Editor’s note: This is part of Luke Babb’s “Reckoning” series. Today’s post includes descriptions of racist violence and racial trauma.
“Why,” the facilitator asked, “are you here today? What makes you want to do this work?”
I looked around the circle of my coworkers, more than a little wary of the answers, steeling myself for a fight. Uncovering systemic oppression is difficult, unpleasant, emotionally taxing work. Surely some of the people attending the Racial Equity Institute’s two-day course about systemic racism were there reluctantly, only participating as part of their job.
What I didn’t expect was the first response, from an older white man in a sweater and suit jacket. “I’m here because I believe we are all equal in the eyes of the Lord,” he said, looking around the meeting room. “And I believe our world should reflect that.”
As the question worked its way around the circle I sat, stunned, trying to figure out why that had taken me so off guard. Part of it, I knew, was the comfort and ease that he had in talking about his faith in the workplace, but it was more than that. Sitting there, thinking quickly and quietly as the question progressed toward me, I realized that one of the things I found surprising was seeing a Christian identify their faith as the reason for fighting against racism.
It took me some time to identify the reasons for my surprise. As I have continued to read and research, it has become clear to me that American racism has, at every step of its existence, relied upon a framework of Christianity. The laws that have enacted it, the groups that have enforced it, even the differences of race that it has rested upon, have been constructed and justified through Biblical passages. Not all American Christians are racist, but racism in America is inextricably Christian.
When this happened, I had already started this series about examining Christian influences on Paganism. Most things that American Pagans have inherited are manageable, or even useful in the right light. Racism is different. There is no place for racism in a Paganism divorced from Christian roots.
I believe that being Pagan, and uncoupling Paganism from the culture of Christianity, necessitates interrogating and divesting from the unscientific, ahistorical fiction of white supremacy. As I continue to look at racism in Pagan circles, I find borrowings and overlays of America’s specific and Christian construction of race, rather than anything truly sourced from the lore. These beliefs do not belong here, and are not based in the historical periods that reconstructionists study. But they are pervasive. The last 200 years have made them so much a part of American culture that identifying and cutting racism from our practices requires constant anti-racist action. It is not enough to identify racism as wrong – we must identify the injustices in our own theology, the imbalance in our communities, and work against them.
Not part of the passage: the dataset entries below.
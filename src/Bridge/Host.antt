-- ===== src/Bridge/Host.antt =====
-- What the bridge (src/dcc_mcp_obs/bridge.py) calls and does not implement itself: the clock, the
-- sleeper, the transport it is given, and functions of the Python standard library.
-- Each answer of the environment may depend on all that happened before, so that it is a function of
-- the history. A property that holds for every `Host` holds whatever OBS and the clock do.
use dcc_mcp_obs.Base.{ℕ, String, List, ◌∷◌, Option, Bool}
use dcc_mcp_obs.Value.{ℤ, Value, Fields}
use dcc_mcp_obs.Value.Json.{Loaded}
use dcc_mcp_obs.Result.{ok}
use dcc_mcp_obs.Exec.{Exec}

-- How `transport.vendor_request` ends: it returns an object, or raises an exception with this `code`
-- attribute (None if it has none).
pub data Outcome : Type 0 where
  returned : Value → Outcome
  raised : Value → Outcome

pub data Event : Type 0 where
  read_clock : ℕ → Event
  requested : String → Fields → ℕ → Outcome → Event
  slept : ℕ → Event

-- The latest event first.
abbrev pub History : Type 0
History = List Event

-- How `Path(p).expanduser().resolve()` ends: a path, OSError, ValueError (a null character), or
-- RuntimeError (no home, or a loop of links).
pub data Resolved : Type 0 where
  resolved_to : String → Resolved
  os_error bad_text no_home : Resolved

-- The standard library's functions on values.
pub record Library : Type 0 where
  -- str.lower
  pub lower : String → String
  -- json.loads
  pub loads : String → Loaded
  -- base64.b64decode(s, validate=True), `none` for binascii.Error
  pub b64decode : String → Option (List ℕ)
  -- binascii.crc32
  pub crc32 : List ℕ → ℕ
  -- float(n) of an int that is not too large, as a bit pattern
  pub float_of_int : ℤ → ℕ
  -- math.isclose(float(a), float(b), abs_tol=1e-3)
  pub is_close : Value → Value → Bool
  -- math.isclose(float(a), float(b), rel_tol=0.0, abs_tol=SOURCE_VOLUME_READBACK_TOLERANCE)
  pub volume_close : Value → Value → Bool
  -- int(s) of a text, `none` for ValueError
  pub int_of_text : String → Option ℤ
  -- str.casefold
  pub casefold : String → String
  -- hashlib.sha256(data).hexdigest()
  pub sha256 : List ℕ → String
  -- json.dumps(value, ensure_ascii=False, separators=(",", ":"))
  pub dumps : Value → String
  -- str.strip
  pub strip : String → String
  -- str.isalnum of the character with this code
  pub isalnum : ℕ → Bool
  -- str(Path(p).expanduser().resolve())
  pub resolve : String → Resolved
  -- Path(p).suffix, Path(p).is_absolute()
  pub suffix : String → String
  pub path_absolute : String → Bool
  -- Path(p).stat().st_size of a file, `none` where is_file() is False or OSError is raised
  pub file_size : String → Option ℕ
  -- PureWindowsPath(p) == PureWindowsPath(q), PurePosixPath(p) == PurePosixPath(q)
  pub same_windows_path : String → String → Bool
  pub same_posix_path : String → String → Bool
  -- PurePosixPath(p).is_absolute()
  pub posix_absolute : String → Bool
  -- the pathlib classes: is_absolute() of either flavour
  pub is_absolute : String → Bool
  -- PureWindowsPath(d).is_absolute()
  pub windows_absolute : String → Bool
  -- PureWindowsPath(p).parent == PureWindowsPath(d)
  pub windows_parent_is : String → String → Bool
  -- PurePosixPath(p).parent == PurePosixPath(d)
  pub posix_parent_is : String → String → Bool

pub record Host : Type 0 where
  pub library : Library
  pub now : History → ℕ
  pub reply : History → String → Fields → ℕ → Outcome

module _ (host : Host) where
  -- self._clock()
  unfoldable pub clock : Exec History ℕ
  clock h = let t = host.now h in (ok t, read_clock t ∷ h)

  -- self._transport.vendor_request(request_type, data, deadline=deadline)
  unfoldable pub vendor_request : String → Fields → ℕ → Exec History Outcome
  vendor_request rt payload deadline h =
      let outcome = host.reply h rt payload deadline in
      (ok outcome, requested rt payload deadline outcome ∷ h)

-- self._sleeper(duration)
unfoldable pub sleep : ℕ → Exec History (Unit {0})
sleep duration h = (ok tt, slept duration ∷ h)
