-- ===== src/S3/Parse/Objects.antt =====
-- What an element of a listing is read as.
use s3cpp.Prelude.{Ensures->>=, Ensures-ok, ℕ, ◌<◌, ◌≡◌, ◌≢◌, none, some, [], Text, codes, ok}
use s3cpp.Std.Decimal.{digit_prefix, from_digits, size_max, from_chars, to_decimal}
use s3cpp.Std.Decimal.RoundTrip.{from_chars-to_decimal}
use s3cpp.S3.Types.{Object}
use s3cpp.S3.Xml.{Pugi, Describe}
use s3cpp.S3.Parse.{
  parse_enum, parse_algorithm, parse_type, parse_size_of, parse_size, parse_object,
}

-- An object with a key and a size, and nothing else but its tag.
abbrev pub plain_object : Text → Text → ℕ → Object
plain_object etag key size = record {
  checksum_algorithm = none;
  checksum_type = none;
  etag = some etag;
  key = some key;
  last_modified = none;
  owner = none;
  restore_status = none;
  size = some size;
  storage_class = none;
}

parse_size-empty : (n : ℕ) → parse_size [] ≢ ok n
unfolding parse_size parse_size_of from_chars digit_prefix from_digits
parse_size-empty n e = cc

module _ (x : Pugi) (d : Describe) where
  open x use {Node, child_value}

  -- An element whose size is written in decimal, and which names no checksum, is read as its key,
  -- its tag and that size, for every size that a `std::size_t` holds.
  pub parse_object-to_decimal :
      (xml : Node) (n : ℕ)
      → n < size_max
      → child_value xml (codes "Size") ≡ to_decimal n
      → child_value xml (codes "ChecksumAlgorithm") ≡ []
      → child_value xml (codes "ChecksumType") ≡ []
      → parse_object x d xml
        ≡ ok (plain_object (child_value xml (codes "ETag")) (child_value xml (codes "Key")) n)
  unfolding parse_object parse_algorithm parse_type parse_enum parse_size
  parse_object-to_decimal xml n h size algorithm type =
      rw (algorithm, type, size, from_chars-to_decimal n h, parse_size_of)

  -- An element without a size is refused, whatever else it holds.
  pub parse_object-needs_size :
      (xml : Node) (o : Object) → child_value xml (codes "Size") ≡ [] → parse_object x d xml ≢ ok o
  unfolding parse_object
  parse_object-needs_size xml o size =
      Ensures-ok (λ _. ⊥) (parse_object x d xml)
        (Ensures->>= (λ _. ⊥) (parse_algorithm x d xml) _
          λ algorithm _.
            Ensures->>= (λ _. ⊥) (parse_type x d xml) _
              λ type _.
                Ensures->>= (λ _. ⊥) (parse_size (child_value xml (codes "Size"))) _
                  λ n e. absurd (parse_size-empty n (rw size at e)))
A believer can become antiracist while being Christian, because while Christianity has been used to justify racism, it has also provided a doctrine of equality and freedom that motivates people like my coworker. The opposite is not true. We cannot cease to be Christian while remaining racist. American racism is the child and lover of the American church, a byproduct and creator of its most damning doctrines and historical precedents, the clearest place its relationship with American democracy can be observed.
Let’s look at it.
What we call race today did not exist in Antiquity. While people certainly could see differences in skin color, Ancient Greek and Roman scholars made it clear that what mattered was where people lived, not what they looked like. In fact, the science of the time was very clear that a person’s temperament, mental acuity, and physical ability depended on the climate where they grew up — people in the wetlands would be more sedate than people from the desert, for example. If a tribe came from a river valley, or a nation existed mostly in the desert, the people were expected to show the traits of their terrain. This gave the rich, city-living people who wrote the books a way to look down on the people living “over there.” These theories were never tied to bloodline, however. They couldn’t be. The migration of tribes and the ways that they mingled meant that the people described in, for instance, the Germania would have a substantially different demographic two or three generations down the line. Communities blended. People moved. The idea of the “other” was fluid, and there were many things more important to describing it than skin color.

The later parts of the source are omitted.